Dataset entries:
_ _ _

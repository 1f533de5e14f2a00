-- ===== src/Session/Spawn/Fallback.antt =====
-- A resume that failed: when `ensure_running` falls back to a fresh process, and which token is left.
use zeromux.Prelude.{
  ◌≡◌, ◌≢◌, ◌⊎◌, refl, true, Option, none, some, inl, inr, arith, String, eq_iff, ap, Bool-cases,
  if◌then◌else◌,
}
use zeromux.Session.{Session, tmux_session, ResumeToken, claude, codex, tmux, crew, RunningProcess}
use zeromux.Session.Spawn.{
  SpawnPlan, Launch, launch_of, attempted_resume, Spawned, start_process, adopt_fresh_slot,
  option_token_eq, install,
}
use zeromux.Session.Turn.{token_eq}

Spawned-cases :
    (x : Spawned) → ((rp : RunningProcess) × (x ≡ inl rp)) ⊎ ((e : String) × (x ≡ inr e))
Spawned-cases (inl rp) = inl (rp, refl)
Spawned-cases (inr e) = inr (e, refl)

-- A start counts as a fallback only if a resume was tried and failed, the session is no terminal, and a
-- start with no token gave a process; that process is the one that is used.
pub start_process-fell_back :
    (launch : Launch → Spawned) (plan : SpawnPlan)
    → (start_process launch plan).1 ≡ true
    → (attempted_resume plan.stype plan.resume_token ≡ true)
      × (plan.stype ≢ tmux_session)
      × ((e : String) × (launch (launch_of plan.stype plan.resume_token plan.crew) ≡ inr e))
      × ((rp : RunningProcess) × (launch (launch_of plan.stype none plan.crew) ≡ inl rp)
          × ((start_process launch plan).0 ≡ inl rp))
unfolding start_process
start_process-fell_back launch plan h = (
  ground arith,
  (λ e. ground arith),
  ground arith,
  elim (Spawned-cases (launch (launch_of plan.stype none plan.crew))) [
    | inl (rp, started) ↦ (rp, started, ground (arith, started, h))
    | inr (e, failed) ↦ absurd (ground (arith, failed, h))
  ],
)

token_eq_refl : (t : ResumeToken) → token_eq t t ≡ true
unfolding token_eq
token_eq_refl (claude k) = (eq_iff k k).1 refl
token_eq_refl (codex k) = (eq_iff k k).1 refl
token_eq_refl (tmux k) = (eq_iff k k).1 refl
token_eq_refl (crew k) = (eq_iff k k).1 refl

token_eq_sound : (t u : ResumeToken) → token_eq t u ≡ true → t ≡ u
unfolding token_eq
token_eq_sound (claude a) (claude b) h = ap claude ((eq_iff a b).0 h)
token_eq_sound (codex a) (codex b) h = ap codex ((eq_iff a b).0 h)
token_eq_sound (tmux a) (tmux b) h = ap tmux ((eq_iff a b).0 h)
token_eq_sound (crew a) (crew b) h = ap crew ((eq_iff a b).0 h)
token_eq_sound _ _ h = cc

-- After a fallback the token that failed is gone.
pub install_never_stale :
    (rp : RunningProcess) (stale : ResumeToken) (s : Session)
    → (install (inl rp, true) (some stale) s).resume_token ≢ some stale
unfolding install adopt_fresh_slot
install_never_stale rp stale s h = ground (arith, token_eq_refl stale)

kept_token :
    (token : Option ResumeToken) (stale : ResumeToken)
    → token ≢ some stale
    → (if option_token_eq token (some stale) then none else token) ≡ token
unfolding option_token_eq
kept_token none stale h = refl
kept_token (some t) stale h = elim (Bool-cases (token_eq t stale)) [
  | inl e ↦ absurd (h (ap some (token_eq_sound t stale e)))
  | inr e ↦ rw e refl
]

-- A token that the fresh process's fan-out stored before the process was installed survives.
pub install_keeps_backfill :
    (rp : RunningProcess) (stale : ResumeToken) (s : Session)
    → s.resume_token ≢ some stale
    → (install (inl rp, true) (some stale) s).resume_token ≡ s.resume_token
unfolding install adopt_fresh_slot
install_keeps_backfill rp stale s h = kept_token s.resume_token stale h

_ _ _

# THE TASK
Go through the entries and copy every line that has "absurd".

# RESULT FOR THIS EXERCISE
    | inr (e, failed) ↦ absurd (ground (arith, failed, h))
  | inl e ↦ absurd (h (ap some (token_eq_sound t stale e)))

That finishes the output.